We set out to build games, but instead we’ve been working full time on Spine for many months. We would love to add Spine runtimes for Unity, cocos2d, Corona, and others, but we also need to move on and build our own games. Funding this KickStarter will allow us to postpone our games a little longer to add support for additional toolkits and enable Spine to be used in all kinds of games. With your help, we can build the runtimes to match the same level of quality as the rest of Spine, and official runtimes will be kept up to date as Spine evolves.
Our Kickstarter has been funded! This means we will implement Spine runtimes for these game toolkits:
Unity: Futile and 2D Toolkit
You can download Spine and give it a try right now for Windows, Mac, and Linux. All of the most important features have already been implemented and hopefully this gives you confidence that we can deliver the runtimes we promise.
We hit our goal for the four runtimes in just 3.5 days! The gaming community's response to Spine has been really fantastic! We've already added support for Corona and are working on the other three toolkits promised in the original goal: Unity Futile, Unity 2DToolkit, and cocos2d-iphone. In the meantime, we have been thinking a lot about what to do for stretch goals.
We've received hundreds of requests to build Spine runtimes for all kinds of gaming toolkits. We would love to build official runtimes for everyone's favorite toolkit, but this would take an astronomical amount of effort. We have thought long and hard about what our stretch goals should be for Spine and finally decided we could do better than listing a bunch of game toolkits, each of which only a fraction of the gaming community cares about. We think we have come up with a way to make everyone happy.
We have stretch goals to implement generic Spine runtimes for specific programming languages. A generic runtime does everything except the game toolkit specific drawing. It loads the skeleton and animation data into an object model that makes it easily accessible, for example to pose the skeleton, do procedural manipulation, changes skins, etc. To support a game toolkit, all that needs to be done is add the game toolkit's rendering to the generic runtime. This allows the gaming community to easily make high quality runtimes for almost any game toolkit. The key part of this plan is that the core of the runtimes are officially supported and maintained as Spine evolves.

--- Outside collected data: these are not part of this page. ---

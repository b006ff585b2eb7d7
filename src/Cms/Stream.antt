-- ===== src/Cms/Stream.antt =====
-- cms.py: the estimates after a stream of packets within one window.
use fpga_pi_parallel_nids.Prelude.{
  ℕ, zero, suc, ◌+◌, ◌≤◌, ◌<◌, min, ◌≡◌, ap, List, [], ◌∷◌, arith, ◌==◌, if◌then◌else◌, length,
}
use fpga_pi_parallel_nids.Cms.{
  CountMin, column, count, init, update, min_count, point_query, cms_max,
}
use fpga_pi_parallel_nids.Cms.Cells.{
  IsValid, init-IsValid, count-init, count-le, update-IsValid, count-update, IsUnwrapped,
  update-IsUnwrapped,
}

-- The sketch after the packets of a list, the latest first.
unfoldable pub after : CountMin → List ℕ → CountMin
after cm [] = cm
after cm (ip ∷ ips) = update (after cm ips) ip

-- The packets of a source, and those that share its column in row `j`.
abbrev pub packets : List ℕ → ℕ → ℕ
packets [] ip = 0
packets (x ∷ xs) ip = (if x == ip then 1 else 0) + packets xs ip

abbrev pub collisions : List ℕ → ℕ → ℕ → ℕ
collisions [] j c = 0
collisions (x ∷ xs) j c = (if column x j == c then 1 else 0) + collisions xs j c

pub after-IsValid : (cm : CountMin) (ips : List ℕ) → IsValid cm → IsValid (after cm ips)
unfolding after
after-IsValid cm [] v = v
after-IsValid cm (ip ∷ ips) v = update-IsValid (after cm ips) ip (after-IsValid cm ips v)

pub after-IsUnwrapped :
    (cm : CountMin) (ips : List ℕ) → IsValid cm → IsUnwrapped cm → IsUnwrapped (after cm ips)
unfolding after
after-IsUnwrapped cm [] v u = u
after-IsUnwrapped cm (ip ∷ ips) v u =
    update-IsUnwrapped (after cm ips) ip (after-IsValid cm ips v) (after-IsUnwrapped cm ips v u)

count-after :
    (cm : CountMin) (ips : List ℕ) (j c : ℕ)
    → IsValid cm
    → j < 5
    → count (after cm ips) j c ≡ min (count cm j c + collisions ips j c) cms_max
unfolding after
count-after cm [] j c v h = omega (arith, count-le cm j c v)
count-after cm (ip ∷ ips) j c v h = ground (
  arith,
  count-after cm ips j c v h,
  count-update (after cm ips) ip j c (after-IsValid cm ips v) h,
)

-- The least number of colliding packets over the rows `j` to `j + n`.
abbrev pub estimate : List ℕ → ℕ → ℕ → ℕ → ℕ
estimate ips ip zero j = collisions ips j (column ip j)
estimate ips ip (suc n) j = min (collisions ips j (column ip j)) (estimate ips ip n (j + 1))

min_count-after :
    (ips : List ℕ) (ip n j : ℕ)
    → j + n < 5
    → min_count (after init ips) ip n j ≡ min (estimate ips ip n j) cms_max
unfolding min_count
min_count-after ips ip zero j h = omega (
  arith,
  count-after init ips j (column ip j) init-IsValid (omega arith),
  count-init j (column ip j),
)
min_count-after ips ip (suc n) j h = omega (
  arith,
  count-after init ips j (column ip j) init-IsValid (omega arith),
  count-init j (column ip j),
  min_count-after ips ip n (j + 1) (omega arith),
)

-- After any stream on a fresh sketch, a query gives the least number, over the five rows, of
-- packets whose column is the queried address's, cut off at 16383.
pub point_query-after :
    (ips : List ℕ) (ip : ℕ) → point_query (after init ips) ip ≡ min (estimate ips ip 4 0) cms_max
unfolding point_query
point_query-after ips ip = min_count-after ips ip 4 0 (omega arith)

packets-le-collisions : (ips : List ℕ) (ip j : ℕ) → packets ips ip ≤ collisions ips j (column ip j)
packets-le-collisions [] ip j = omega arith
packets-le-collisions (x ∷ xs) ip j =
    ground (arith, packets-le-collisions xs ip j, ap (λ (t : ℕ). column t j) {x = x} {y = ip})

collisions-le-length : (ips : List ℕ) (j c : ℕ) → collisions ips j c ≤ length ips
collisions-le-length [] j c = omega arith
collisions-le-length (x ∷ xs) j c = ground (arith, collisions-le-length xs j c)

packets-le-estimate : (ips : List ℕ) (ip n j : ℕ) → packets ips ip ≤ estimate ips ip n j
packets-le-estimate ips ip zero j = packets-le-collisions ips ip j
packets-le-estimate ips ip (suc n) j =
    omega (arith, packets-le-collisions ips ip j, packets-le-estimate ips ip n (j + 1))

-- The Count-Min guarantee, for a stream into a fresh sketch, before any tick of the window: an
-- estimate is never below the true number of the source's packets (counted up to 16383), and never
-- above the number of all packets of the stream.
pub point_query_bounds :
    (ips : List ℕ) (ip : ℕ)
    → (min (packets ips ip) cms_max ≤ point_query (after init ips) ip)
      × (point_query (after init ips) ip ≤ length ips)
point_query_bounds ips ip = (
  omega (arith, point_query-after ips ip, packets-le-estimate ips ip 4 0),
  omega (arith, point_query-after ips ip, collisions-le-length ips 0 (column ip 0)),
)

We have also added stretch goals for some really awesome features. When building Spine there were many things that couldn't make it into version 1.0. We choose from all those as well as features suggested by the Spine community. We are very weary about feature bloat, so we have been careful to choose the features that provide the most value when taking into account Spine's workflow. We also took into account how feasible the features are and we only chose those that we know we can implement in a timely manner. It is very important to us that we don't let you down!
We are extremely excited about Spine's future and really hope we can meet many of these stretch goals. Please help us bring Spine to the next level and make it the most amazing tool for game development!
Touchpad support Spine was designed for use with a mouse. When using a touchpad, for example on a laptop, Spine can be difficult to use. This item adds a touchpad friendly input mode. We may not be able to support multi touch touchpads, but will be sure that the app is perfectly usable with a touchpad.
Additive blending for slots Enables the images attached to a slot to be drawn using additive blending, for toolkits that support it.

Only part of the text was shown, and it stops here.